In transforming the binding protein into an enzyme, the researchers arrived at designs involving alterations in 18 to 22 of the 271 amino acids of the ribose-binding protein.

"Once we had a selection of candidate proteins that had the appropriate binding properties, we used a newly developed technique to introduce catalytically active amino acids into the design and screened the resulting compounds for activity," said Hellinga. "Of 14 final designs, we found seven that were quite active enzymatically, and one that enhanced the chemical reaction over a hundred thousand times more than the uncatalyzed reaction."

However, noted Hellinga, the artificial enzyme still remains a thousand times less active than the natural enzyme.

To demonstrate that the artificial enzyme was nevertheless biologically active, the researchers introduced it into a version of the gut bacterium E. coli that lacked the natural enzyme. The resulting bacterium, when exposed to conditions that demanded the functional activity of the isomerase, showed normal growth.

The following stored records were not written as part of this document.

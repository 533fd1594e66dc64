-- ===== src/Service.antt =====
-- redis.cc, redis.hh: the service layer. A request is routed to the shard that owns its key, whose
-- handler replies.
pub mod Strings
pub mod Lists
pub mod Hashes
pub mod Sets
pub mod SortedSets
pub mod Bitmaps
pub mod Others
pub mod Store
pub mod Options
pub mod Routing
pub mod Keyspace
pub mod Algebra
pub mod Members
pub mod Moves
pub mod Scores
pub mod Ownership
pub mod Unions
use pedis.Base.{ℕ, ◌%◌, Option, none, some, List, [], ◌∷◌, ◌==◌, if◌then◌else◌}
use pedis.Base.Int.{ℤ}
use pedis.Base.Bytes.{Bytes}
use pedis.Keys.{RedisKey}
use pedis.Reply.{Message, Reply}
use pedis.Database.{Db, Handled, say}

-- What the service takes from its environment: `std::hash`, `smp::count`, `atoi` and `atol`.
pub record Host : Type 0 where
  pub hash : Bytes → ℕ
  pub count : ℕ
  pub atoi : Bytes → ℤ
  pub atol : Bytes → ℤ

-- The database of each core.
abbrev pub Shards : Type 0 → Type 0 → Type 0
Shards F S = ℕ → Db F S

-- A request's reply and the new shards; `none` where a handler does not go on.
abbrev pub Served : Type 0 → Type 0 → Type 0
Served F S = Option (Reply F × Shards F S)

module _ {F S : Type 0} where
  unfoldable pub set_shard : ℕ → Db F S → Shards F S → Shards F S
  set_shard cpu db shards c = if c == cpu then db else shards c

  -- `get_database().invoke_on(cpu, handler, …)`
  unfoldable pub invoke_on : {A : Type 0} → ℕ → (Db F S → A × Db F S) → Shards F S → A × Shards F S
  invoke_on cpu handler shards = let r = handler (shards cpu) in (r.0, set_shard cpu r.1 shards)

  unfoldable pub serve_on : ℕ → (Db F S → Reply F × Db F S) → Shards F S → Served F S
  serve_on cpu handler shards = some (invoke_on cpu handler shards)

  -- The same, of a handler that may not go on.
  unfoldable pub try_on : ℕ → (Db F S → Handled F S) → Shards F S → Served F S
  try_on cpu handler shards = elim (handler (shards cpu)) [
    | none ↦ none
    | some r ↦ some (r.0, set_shard cpu r.1 shards)
  ]

  abbrev pub refuse : Shards F S → Served F S
  refuse shards = some (say Message.syntax_err, shards)

-- `redis_key rk { key }`
abbrev pub redis_key : Host → Bytes → RedisKey
redis_key H key = record { key = key; hash = H.hash key }

-- `get_cpu`
abbrev pub get_cpu : Host → RedisKey → ℕ
get_cpu H rk = rk.hash % H.count

abbrev pub cpu_of : Host → Bytes → ℕ
cpu_of H key = get_cpu H (redis_key H key)

-- What a conversion of the C++ library does: a number, or one of its exceptions.
pub data Number (A : Type 0) : Type 0 where
  value : A → Number A
  invalid_argument out_of_range : Number A

-- The code catches `invalid_argument` only.
abbrev pub with_number : {A F S : Type 0} → Number A → (A → Served F S) → Shards F S → Served F S
with_number x f m = elim x [ value a ↦ f a | invalid_argument ↦ refuse m | out_of_range ↦ none ]
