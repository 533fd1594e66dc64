-- ===== src/Server.antt =====
-- server.cc, server.hh: the connections. A request is read from the socket, dispatched by its name
-- and answered; the replies go through a queue to the fiber that writes them.
pub mod Commands
pub mod Wire
pub mod Connection
use pedis.Base.{
  ℕ, ◌+◌, ◌-◌, Bool, true, false, Option, none, some, List, [], ◌∷◌, ◌++◌, ◌&&◌, if◌then◌else◌, leb,
  map,
}
use pedis.Base.Bytes.{Bytes, bytes_eq}
use pedis.Protocol.{ProtocolState, Request}
use pedis.Reply.{Reply}
use pedis.Reply.Wire.{codes, crlf}
use pedis.Service.{Shards, Served}

-- `tolower`
abbrev pub tolower : ℕ → ℕ
tolower c = if leb b'A' c && leb c b'Z' then c + 32 else c

-- What the map of commands holds.
abbrev pub Handler : Type 0 → Type 0 → Type 0
Handler F S = List Bytes → Shards F S → Served F S

-- `do_handle_one`'s message: null at the end of the input.
abbrev pub Answer : Type 0 → Type 0
Answer F = Option (Reply F)

module _ {F S : Type 0} where
  -- `_commands.find`
  unfoldable pub find_command : Bytes → List (Bytes × Handler F S) → Option (Handler F S)
  find_command name [] = none
  find_command name ((key, handler) ∷ commands) =
      let rest = find_command name commands in if bytes_eq name key then some handler else rest

-- `do_unexpect_request`
unfoldable pub do_unexpect_request : {F : Type 0} → Bytes → Reply F
do_unexpect_request command =
    Reply.text (codes "-ERR Unknown or disabled command '" ++ (command ++ (b'\'' ∷ crlf)))

module _ {F S : Type 0} where
  abbrev pub answered : Served F S → Option (Answer F × Shards F S)
  answered served = elim served [ none ↦ none | some r ↦ some (some r.0, r.1) ]

module _ {F S : Type 0} (commands : List (Bytes × Handler F S)) where
  -- `do_handle_one`: the message, and the shards; `_done` is set where there is no message.
  unfoldable pub do_handle_one : Request → Shards F S → Option (Answer F × Shards F S)
  unfolding find_command do_unexpect_request
  do_handle_one req m =
      let command = map tolower req.command in
      let unexpected = some (some (do_unexpect_request command), m) in
      elim req.state [
        | ProtocolState.ok ↦ elim (find_command command commands) [
          | none ↦ unexpected
          | some handler ↦ answered (handler req.args m)
        ]
        | ProtocolState.eof ↦ some (none, m)
        | ProtocolState.error ↦ unexpected
      ]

"The real proof of success is whether the artificial enzyme can take over the function of the wild-type enzyme," said Hellinga. "And that's what we demonstrated."

Hellinga and his colleagues are now seeking to apply their enzyme design techniques to other proteins and other catalytic processes.

"The real challenge for the field is to use these techniques to do what's called 'green chemistry,'" said Hellinga. "It's a dream that has been around for a long time -- to have the ability to use engineered microorganisms to synthesize desired chemicals without resorting to large-scale industrial processes that are inherently wasteful and inefficient. We believe such artificial enzymes are an important step toward that goal," he said.

Such green synthesis could enable far more efficient synthesis of products ranging from complex drugs to plastics and fuels, said Hellinga. Current industrial methods produce unwanted side reactions and waste chemicals that must be disposed of.